**Records for this task**
=-=-=

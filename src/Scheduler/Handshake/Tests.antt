-- ===== src/Scheduler/Handshake/Tests.antt =====
-- The hand-shake on the kernel of the scheduler's tests and the stream of the channel's.
use Prim.Native.String.{String}
use omnetpp_federate.Prelude.{ℕ, ◌≡◌, refl, some, false, List, [], ◌∷◌, ◌++◌, arith}
use omnetpp_federate.Prelude.Int.{ℤ, pos}
use omnetpp_federate.Channel.Types.{Cmd, cmd_init, cmd_end, cmd_success, cmd_shut_down}
use omnetpp_federate.Channel.Write.{framed}
use omnetpp_federate.Channel.Convert.{cmd_to_proto_cmd}
use omnetpp_federate.Channel.Tests.{Stream, sockets, sockets-StreamLaws, codec, codec-CommandLaws}
use omnetpp_federate.Scheduler.{Scheduler, Config, connect_to_ambassador}
use omnetpp_federate.Channel.Interface.{client_server_channel}
use omnetpp_federate.Scheduler.Tests.{Fes, kernel, junk, early}
use omnetpp_federate.Scheduler.Handshake.{connect_to_ambassador-init, connect_to_ambassador-end}

abbrev frame : Cmd → List ℕ
frame cmd = framed sockets codec (codec.serialize_command (cmd_to_proto_cmd cmd))

-- The ports are free, and the peer has sent the given bytes by the time it connects.
abbrev prepare : String → ℕ → Stream → ℤ × Stream
prepare host port s = (pos port, s)

abbrev conf : Config
conf = record { host = "localhost"; port = pos 4999; cmdport = pos 4998 }

abbrev idle : Scheduler ℕ Fes Stream
idle = record {
  ambassador_federate = ([], []);
  federate_ambassador = ([], []);
  start_time = 0;
  stop_time = 0;
  current_max_sim_time = 0;
  time_advancing = false;
  fes = early.fes;
  mgmt = some (pos 1);
  run_ended = false;
}

abbrev begun : List ℕ → Scheduler ℕ Fes Stream
begun bytes =
    connect_to_ambassador kernel (client_server_channel prepare (λ s. s) (λ s. s) sockets codec 0)
      junk conf ([], []) (bytes, []) idle

-- The ambassador starts the federate, or it shuts it down at once.
abbrev started : Scheduler ℕ Fes Stream
started = begun (frame cmd_init ++ (framed sockets codec (0 ∷ 5 ∷ []) ++ (9 ∷ [])))

abbrev stopped : Scheduler ℕ Fes Stream
stopped = begun (frame cmd_shut_down ++ (9 ∷ []))

connect_to_ambassador-init_example :
    (started.federate_ambassador.1 ≡ frame cmd_init ++ framed sockets codec [])
    × (started.start_time ≡ 0)
    × (started.stop_time ≡ 0)
    × (started.current_max_sim_time ≡ started.start_time)
    × (started.ambassador_federate.0 ≡ 9 ∷ [])
    × (started.ambassador_federate.1 ≡ frame cmd_success)
connect_to_ambassador-init_example =
    connect_to_ambassador-init kernel sockets codec sockets-StreamLaws codec-CommandLaws prepare
      (λ s. s) (λ s. s) 0 junk conf ([], [])
      (frame cmd_init ++ (framed sockets codec (0 ∷ 5 ∷ []) ++ (9 ∷ [])), []) idle (0 ∷ 5 ∷ [])
      (9 ∷ []) (omega arith) refl

connect_to_ambassador-end_example :
    (stopped.federate_ambassador.1 ≡ frame cmd_init ++ framed sockets codec [])
    × (stopped.start_time ≡ 0)
    × (stopped.stop_time ≡ 0)
    × (stopped.current_max_sim_time ≡ 0)
    × (stopped.ambassador_federate.0 ≡ 9 ∷ [])
    × (stopped.ambassador_federate.1 ≡ frame cmd_end)
connect_to_ambassador-end_example =
    connect_to_ambassador-end kernel sockets codec sockets-StreamLaws codec-CommandLaws prepare
      (λ s. s) (λ s. s) 0 junk conf ([], []) (frame cmd_shut_down ++ (9 ∷ []), []) idle
      cmd_shut_down (9 ∷ []) (λ e. absurd cc) refl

=-=-=

**Exercise brief**
Exactly and without omission, set down every entry.

**Answer below**
filename src/Scheduler/Handshake/Tests.antt
-- ===== src/Scheduler/Handshake/Tests.antt =====
-- The hand-shake on the kernel of the scheduler's tests and the stream of the channel's.
use Prim.Native.String.{String}
use omnetpp_federate.Prelude.{ℕ, ◌≡◌, refl, some, false, List, [], ◌∷◌, ◌++◌, arith}
use omnetpp_federate.Prelude.Int.{ℤ, pos}
use omnetpp_federate.Channel.Types.{Cmd, cmd_init, cmd_end, cmd_success, cmd_shut_down}
use omnetpp_federate.Channel.Write.{framed}
use omnetpp_federate.Channel.Convert.{cmd_to_proto_cmd}
use omnetpp_federate.Channel.Tests.{Stream, sockets, sockets-StreamLaws, codec, codec-CommandLaws}
use omnetpp_federate.Scheduler.{Scheduler, Config, connect_to_ambassador}
use omnetpp_federate.Channel.Interface.{client_server_channel}
use omnetpp_federate.Scheduler.Tests.{Fes, kernel, junk, early}
use omnetpp_federate.Scheduler.Handshake.{connect_to_ambassador-init, connect_to_ambassador-end}

abbrev frame : Cmd → List ℕ
frame cmd = framed sockets codec (codec.serialize_command (cmd_to_proto_cmd cmd))

-- The ports are free, and the peer has sent the given bytes by the time it connects.
abbrev prepare : String → ℕ → Stream → ℤ × Stream
prepare host port s = (pos port, s)

abbrev conf : Config
conf = record { host = "localhost"; port = pos 4999; cmdport = pos 4998 }

abbrev idle : Scheduler ℕ Fes Stream
idle = record {
  ambassador_federate = ([], []);
  federate_ambassador = ([], []);
  start_time = 0;
  stop_time = 0;
  current_max_sim_time = 0;
  time_advancing = false;
  fes = early.fes;
  mgmt = some (pos 1);
  run_ended = false;
}

abbrev begun : List ℕ → Scheduler ℕ Fes Stream
begun bytes =
    connect_to_ambassador kernel (client_server_channel prepare (λ s. s) (λ s. s) sockets codec 0)
      junk conf ([], []) (bytes, []) idle

-- The ambassador starts the federate, or it shuts it down at once.
abbrev started : Scheduler ℕ Fes Stream
started = begun (frame cmd_init ++ (framed sockets codec (0 ∷ 5 ∷ []) ++ (9 ∷ [])))

abbrev stopped : Scheduler ℕ Fes Stream
stopped = begun (frame cmd_shut_down ++ (9 ∷ []))

connect_to_ambassador-init_example :
    (started.federate_ambassador.1 ≡ frame cmd_init ++ framed sockets codec [])
    × (started.start_time ≡ 0)
    × (started.stop_time ≡ 0)
    × (started.current_max_sim_time ≡ started.start_time)
    × (started.ambassador_federate.0 ≡ 9 ∷ [])
    × (started.ambassador_federate.1 ≡ frame cmd_success)
connect_to_ambassador-init_example =
    connect_to_ambassador-init kernel sockets codec sockets-StreamLaws codec-CommandLaws prepare
      (λ s. s) (λ s. s) 0 junk conf ([], [])
      (frame cmd_init ++ (framed sockets codec (0 ∷ 5 ∷ []) ++ (9 ∷ [])), []) idle (0 ∷ 5 ∷ [])
      (9 ∷ []) (omega arith) refl

connect_to_ambassador-end_example :
    (stopped.federate_ambassador.1 ≡ frame cmd_init ++ framed sockets codec [])
    × (stopped.start_time ≡ 0)
    × (stopped.stop_time ≡ 0)
    × (stopped.current_max_sim_time ≡ 0)
    × (stopped.ambassador_federate.0 ≡ 9 ∷ [])
    × (stopped.ambassador_federate.1 ≡ frame cmd_end)
connect_to_ambassador-end_example =
    connect_to_ambassador-end kernel sockets codec sockets-StreamLaws codec-CommandLaws prepare
      (λ s. s) (λ s. s) 0 junk conf ([], []) (frame cmd_shut_down ++ (9 ∷ []), []) idle
      cmd_shut_down (9 ∷ []) (λ e. absurd cc) refl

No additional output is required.